What is the first term, the last term and the number of terms of this sequence?
\(\text{$a_1$ is a prime number hence odd } \\ \text{$a_n$ is a prime number hence odd } \)
\(\begin{array}{|rcll|} \hline && a_n = a_1+(n-1) \\ &or& n = a_n-a_1+1 \qquad \text{$a_n$ is odd and $a_1$ is odd hence $n$ is odd} \\ \hline \end{array} \)
\(\begin{array}{|rcll|} \hline 65^4 &=& a_1 + (a_1+1)+ (a_1+2) + \ldots + \Big(a_1+(n-1) \Big) \\ 65^4 &=& na_1 + \dfrac{ \Big(1+(n-1)\Big)}{2} (n-1 ) \\ 65^4 &=& na_1 + \dfrac{n(n-1)}{2} \\ 65^4 &=& n\left( a_1 + \dfrac{n-1}{2}\right) \\ 65^4 &=& n\left( \dfrac{2a_1+n-1}{2}\right) \quad | \quad n = a_n-a_1+1 \\ 65^4 &=& (a_n-a_1+1)\left( \dfrac{2a_1+a_n-a_1+1-1}{2}\right) \\ \mathbf{65^4} &=& \mathbf{(a_n-a_1+1)\left( \dfrac{ a_1+a_n }{2}\right)} \quad | \quad \text{$a_1+a_n$ is even! $\quad a_n-a_1+1=n$ is odd!} \\ \mathbf{65^4} &=& \mathbf{x\times y} \\ && \boxed{x = a_n-a_1+1},\ \boxed{y = \left( \dfrac{ a_1+a_n }{2}\right)} \quad \text{$x$ and $y$ are divisors of $65^4$ } \\\\ \hline x &=& a_n-a_1+1 \quad \text{ or } \\ \mathbf{ a_n } &=& \mathbf{x+p-1} \\\\ y &=& \left( \dfrac{ a_1+a_n }{2}\right) \\ y &=& \left( \dfrac{ a_1+x+p-1 }{2}\right)\quad \text{ or } \\ \mathbf{a_1} &=& \mathbf{y-\dfrac{x-1}{2}} \\ \hline \end{array}\)
The Divisors of \(65^4\) are:
\(\text{1 | 5 | 13 | 25 | 65 | 125 | 169 | 325 | 625 | 845 | 1625 | 2197 | 4225|$\\$ | 8125 | 10985 | 21125 | 28561 | 54925 | 105625 | 142805 | 274625 |$\\$ |714025 | 1373125 | 3570125 | 17850625 (25 divisors)}\)

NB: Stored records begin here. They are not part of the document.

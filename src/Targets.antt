-- ===== src/Targets.antt =====
-- internal/services/notifytargets: the subscriptions of a maintenance (resolve_targets.go,
-- create.go, replace.go).
use maintmode.Base.{ℕ, none, List}
use maintmode.Entity.Maint.{Maintenance}
use maintmode.Entity.Notify.{NotifyTarget, NotifyChannel}
use maintmode.Entity.Commands.{NotifyTargetInput}
use maintmode.Store.Children.{get_channel, create_many_targets, delete_targets}
use maintmode.World.Errors.{Error, Result, ok, err, notify_channel_not_found, unknown_channel}
use maintmode.World.Tables.{World}
use maintmode.World.Effect.{M, ◌>>=◌, ◌>>◌, pure, traverse}
use maintmode.World.Tx.{Ctx, within_tx}

-- A channel that the catalog does not know is bad input.
abbrev as_validation : Error → Error
as_validation notify_channel_not_found = unknown_channel
as_validation e = e

unfoldable pub with_validation : Result NotifyChannel × World → Result NotifyChannel × World
with_validation (ok channel, w) = (ok channel, w)
with_validation (err e, w) = (err (as_validation e), w)

unfoldable pub resolve_one : ℕ → NotifyTargetInput → M NotifyTarget
unfolding with_validation get_channel
resolve_one maint_id item = do
  channel ← λ w. with_validation (get_channel item.channel_id w)
  pure (record {
    id = 0;
    maint_id = maint_id;
    channel_id = channel.id;
    created_at = 0;
    transport = channel.transport;
    transport_channel_id = channel.transport_channel_id;
    channel_name = channel.name;
    root_ref = none;
    root_channel = "";
  })

-- `ResolveNotifyTarget`
unfoldable pub resolve_notify_target : ℕ → List NotifyTargetInput → M (List NotifyTarget)
unfolding resolve_one traverse
resolve_notify_target maint_id input = traverse (resolve_one maint_id) input

-- `Create`
unfoldable pub create_targets : ℕ → List NotifyTargetInput → M (List NotifyTarget)
unfolding resolve_notify_target create_many_targets
create_targets maint_id input = do
  targets ← resolve_notify_target maint_id input
  create_many_targets maint_id targets

-- `Replace` joins the transaction of its caller.
unfoldable pub replace_targets : Ctx → Maintenance → M (Unit {0})
unfolding delete_targets create_many_targets within_tx
replace_targets ctx maint = within_tx ctx λ _. do
  delete_targets maint.id
  created ← create_many_targets maint.id maint.notify_targets
  pure tt
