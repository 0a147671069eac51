-- ===== src/Lifecycle/Create.antt =====
-- services/maint/create_draft.go, mapper.go and validate_approver.go. The rules of the
-- ozzo-validation package and of net/url, which are outside the repository, are the parameter
-- `Rules`; what they promise is `IsLawful`.
use maintmode.Base.{
  ℕ, ◌+◌, ◌-◌, ◌*◌, ◌/◌, ◌%◌, ◌^◌, ◌≤◌, ◌≡◌, ◌≢◌, ◌⊎◌, String, none, Bool, true, List, [], ◌∷◌, map,
  not, ◌&&◌, ◌||◌, ◌==◌, ltb, all, length, uniq, if◌then◌else◌, from_ptr,
}
use maintmode.Entity.Period.{Period, new_period, new_open_ended_period}
use maintmode.Entity.Step.{MaintenanceStep, planned}
use maintmode.Entity.Maint.{Maintenance, draft, unset, resources, scope_eq, normalize}
use maintmode.Entity.User.{approver_eligible_roles}
use maintmode.Entity.Notify.{DeferredNotification}
use maintmode.Entity.Commands.{
  CreateMaintenanceCmd, MaintenanceStepInput, NotifyTargetInput, MentionInput,
  DeferredNotificationInput,
}
use maintmode.Store.Maintenances.{create_maint}
use maintmode.Store.Steps.{add_steps}
use maintmode.Store.Children.{add_resources, add_mentions, list_users}
use maintmode.Reminders.{create_reminders}
use maintmode.Targets.{create_targets}
use maintmode.World.Errors.{validation, approver_not_eligible}
use maintmode.World.Tables.{maint_created}
use maintmode.World.Effect.{M, ◌>>=◌, ◌>>◌, pure, throw_if, call, utc_now, publish_audit}
use maintmode.World.Tx.{Ctx, background, within_tx}

-- `validation.Required` of a text, of a number (a count, a time) and of a UUID, `validation.Length`
-- of a length, `validation.Min`, and `xvalidation.HTTPLinkURL`.
pub record Rules : Type 0 where
  pub required_text : String → Bool
  pub required : ℕ → Bool
  pub required_id : ℕ → Bool
  pub length_within : ℕ → ℕ → ℕ → Bool
  pub at_least : ℕ → ℕ → Bool
  pub http_link_url : String → Bool

-- What the package documents: `Required` refuses the zero number, but says nothing of a UUID, which
-- is an array and so is empty only if its length is 0; `Length` and `Min` pass over it,
-- and otherwise hold the bounds.
pub record IsLawful (r : Rules) : Type 0 where
  pub required_ne : (n : ℕ) → r.required n ≡ true → n ≢ 0
  pub length_bounds :
      (lo hi n : ℕ) → r.length_within lo hi n ≡ true → (n ≡ 0) ⊎ ((lo ≤ n) × (n ≤ hi))
  pub min_bound : (lo n : ℕ) → r.at_least lo n ≡ true → (n ≡ 0) ⊎ (lo ≤ n)

abbrev pub max_steps : ℕ
max_steps = 100

abbrev pub min_steps : ℕ
min_steps = 1

abbrev min_step_durations_minutes : ℕ
min_step_durations_minutes = 5

abbrev pub min_notify_targets : ℕ
min_notify_targets = 1

abbrev pub max_notify_targets : ℕ
max_notify_targets = 10

abbrev min_deferred_notifications : ℕ
min_deferred_notifications = 0

abbrev pub max_deferred_notifications : ℕ
max_deferred_notifications = 10

abbrev pub min_mentions : ℕ
min_mentions = 0

abbrev pub max_mentions : ℕ
max_mentions = 10

-- `xvalidation.UUIDNotNil`
abbrev pub uuid_not_nil : ℕ → Bool
uuid_not_nil id = not (id == 0)

-- `stepsFromCmd`
unfoldable pub step_from_input : MaintenanceStepInput → MaintenanceStep
step_from_input i = record {
  id = 0;
  order = i.order;
  description = i.description;
  rollback_description = i.rollback_description;
  duration_minutes = i.duration_minutes;
  status = planned;
  actual_started_at = none;
  actual_completed_at = none;
  created_at = 0;
  updated_at = none;
}

unfoldable pub steps_from_cmd : List MaintenanceStepInput → List MaintenanceStep
unfolding step_from_input
steps_from_cmd inputs = map step_from_input inputs

-- `deferredNotificationsFromCmd`
unfoldable pub deferred_notifications_from_cmd :
    ℕ → List DeferredNotificationInput → List DeferredNotification
deferred_notifications_from_cmd maint_id inputs =
    map
      (λ (i : DeferredNotificationInput). record {
        id = 0;
        maint_id = maint_id;
        fire_at = i.fire_at;
        goque_task_id = none;
      })
      inputs

abbrev pub mentioned : List MentionInput → List ℕ
mentioned inputs = uniq (map (λ (m : MentionInput). m.user_id) inputs)

-- The nanoseconds of all steps, in an int64: `lo.SumBy` wraps around.
unfoldable pub total_duration : List MaintenanceStep → ℕ
total_duration [] = 0
total_duration (s ∷ steps) = (s.duration_minutes * 60_000_000_000 + total_duration steps) % 2 ^ 64

-- `t.Add(d)` in microseconds: from 2 ^ 63 on, the bit pattern stands for a negative duration.
unfoldable pub add_duration : ℕ → ℕ → ℕ
add_duration t ns = if ltb ns (2 ^ 63) then t + ns / 1_000 else t - (2 ^ 64 - ns) / 1_000

-- `recalculatePlannedPeriod`
unfoldable pub recalculate_planned_period : ℕ → List MaintenanceStep → Period
unfolding total_duration add_duration
recalculate_planned_period start steps =
    let total = total_duration steps in
    if total == 0 then new_open_ended_period start else new_period start (add_duration start total)

-- `validatePlanedPeriod`
unfoldable pub validate_planed_period : ℕ → Period → Bool
validate_planed_period now p =
    let end = from_ptr 0 p.end in
    not (p.start == 0 || end == 0) && (ltb p.start end && not (ltb p.start now))

module _ (r : Rules) where
  unfoldable pub validate_step_input : MaintenanceStepInput → Bool
  validate_step_input s =
      (r.required s.order && r.at_least 1 s.order)
      && (r.required_text s.description
          && (r.required_text s.rollback_description
              && (r.required s.duration_minutes
                  && r.at_least min_step_durations_minutes s.duration_minutes)))

  abbrev pub validate_notify_targets_input : NotifyTargetInput → Bool
  validate_notify_targets_input t = r.required_id t.channel_id

  abbrev pub validate_mention_input : MentionInput → Bool
  validate_mention_input m = r.required_id m.user_id && uuid_not_nil m.user_id

  abbrev pub validate_deferred_notification_input : DeferredNotificationInput → Bool
  validate_deferred_notification_input n = r.required n.fire_at

  -- `validateCreate`; the impact and the scope are never empty here.
  unfoldable pub validate_create : ℕ → CreateMaintenanceCmd → Bool
  unfolding validate_step_input validate_planed_period
  validate_create now cmd =
      (r.required_text cmd.title
        && (r.required_id cmd.created_by_user_id && r.required_id cmd.approver_user_id))
      && ((not (scope_eq cmd.scope resources) || r.required (length cmd.resources))
          && (all uuid_not_nil cmd.resources
              && ((r.required_text cmd.description && r.http_link_url cmd.task_tracker_url)
                  && (validate_planed_period now cmd.planned_period
                      && ((r.required (length cmd.steps)
                            && (r.length_within min_steps max_steps (length cmd.steps)
                                && all validate_step_input cmd.steps))
                          && ((r.required (length cmd.notify_targets)
                                && (r.length_within min_notify_targets max_notify_targets
                                      (length cmd.notify_targets)
                                    && all validate_notify_targets_input cmd.notify_targets))
                              && ((r.length_within min_deferred_notifications
                                      max_deferred_notifications (length cmd.deferred_notifications)
                                    && all validate_deferred_notification_input
                                        cmd.deferred_notifications)
                                  && (r.length_within min_mentions max_mentions
                                        (length cmd.mentions)
                                      && all validate_mention_input cmd.mentions))))))))

-- `validateApprover`. `ListUsers` also counts the admins and lists the identities: two more
-- statements, whose results are not used here.
unfoldable pub validate_approver : ℕ → M (Unit {0})
unfolding list_users
validate_approver approver_id = do
  users ← list_users (approver_id ∷ []) approver_eligible_roles true 1
  call
  call
  throw_if (length users == 0) approver_not_eligible

abbrev pub draft_of : CreateMaintenanceCmd → Maintenance
draft_of cmd = record {
  id = 0;
  title = cmd.title;
  description = cmd.description;
  planned_period = cmd.planned_period;
  actual_period = none;
  resources = [];
  scope = cmd.scope;
  impact = cmd.impact;
  status = draft;
  cancel_reason = unset;
  cancel_reason_comment = "";
  created_by_user_id = cmd.created_by_user_id;
  created_at = 0;
  updated_at = none;
  steps = [];
  notify_targets = [];
  deferred_notifications = [];
  mentions = [];
  approver_user_id = cmd.approver_user_id;
  task_tracker_url = cmd.task_tracker_url;
}

-- What the transaction of `CreateDraft` does after the row: the collections, in the source's order.
unfoldable pub create_children : CreateMaintenanceCmd → Maintenance → M Maintenance
unfolding add_resources add_steps steps_from_cmd create_targets deferred_notifications_from_cmd
    add_mentions
create_children cmd maint = do
  add_resources maint.id maint.resources
  steps ← add_steps maint.id (steps_from_cmd cmd.steps)
  targets ← create_targets maint.id cmd.notify_targets
  deferred ←
      create_reminders maint.id
        (deferred_notifications_from_cmd maint.id cmd.deferred_notifications)
  let mentions = mentioned cmd.mentions
  add_mentions maint.id mentions
  pure (record maint {
    steps = steps;
    notify_targets = targets;
    deferred_notifications = deferred;
    mentions = mentions;
  })

-- What `CreateDraft` runs in the transaction.
unfoldable pub create_body : CreateMaintenanceCmd → Ctx → M Maintenance
unfolding create_maint normalize create_children
create_body cmd ctx = do
  created ← create_maint (draft_of cmd)
  create_children cmd (normalize (record created { resources = cmd.resources }))

-- `CreateDraft`
unfoldable pub create_draft : Rules → CreateMaintenanceCmd → M Maintenance
unfolding validate_create validate_approver create_body within_tx publish_audit
create_draft r cmd = do
  now ← utc_now
  throw_if (not (validate_create r now cmd)) validation
  validate_approver cmd.approver_user_id
  maint ← within_tx background (create_body cmd)
  publish_audit (maint_created cmd.actor maint)
  pure maint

\(\begin{array}{|rr|cc|cc|c|} \hline & & & \text{prime} &&\text{prime} \\ x & y & a_1 = y-\dfrac{x-1}{2} & \text{number} & a_n = x+a_1-1 & \text{number} & n =a_n-a_1+1 \\ \hline 1 & 17850625 & a_1 > 9999 \\ 5 & 3570125 & a_1 > 9999 \\ 13 &1373125 & a_1 > 9999 \\ 25 & 714025 & a_1 > 9999 \\ 65 & 274625 & a_1 > 9999 \\ 125 & 142805 & a_1 > 9999 \\ 169 & 105625 & a_1 > 9999 \\ 325 & 54925 & a_1 > 9999 \\ 625 & 28561 & a_1 > 9999 \\ 845 & 21125 & a_1 > 9999 \\ 1625 & 21125 & a_1 > 9999 \\ 2197 & 10985 & a_1=7027 & \text{yes} & a_n= 9223 & \text{no} \\ 4225 &4225& \color{red}a_1 = 2113 & \text{yes} & \color{red}a_n= 6337 & \text{yes} & \color{red}n= 4225 \\ \hline \end{array}\)
Here is only one solution so \(a_{3001} \)must be a prime number. \((a_{3001}=a_1+3000 = 2113+3000=5113\text{ prime number})\)
\(a_{3001} \) is irrelevant for the calculation!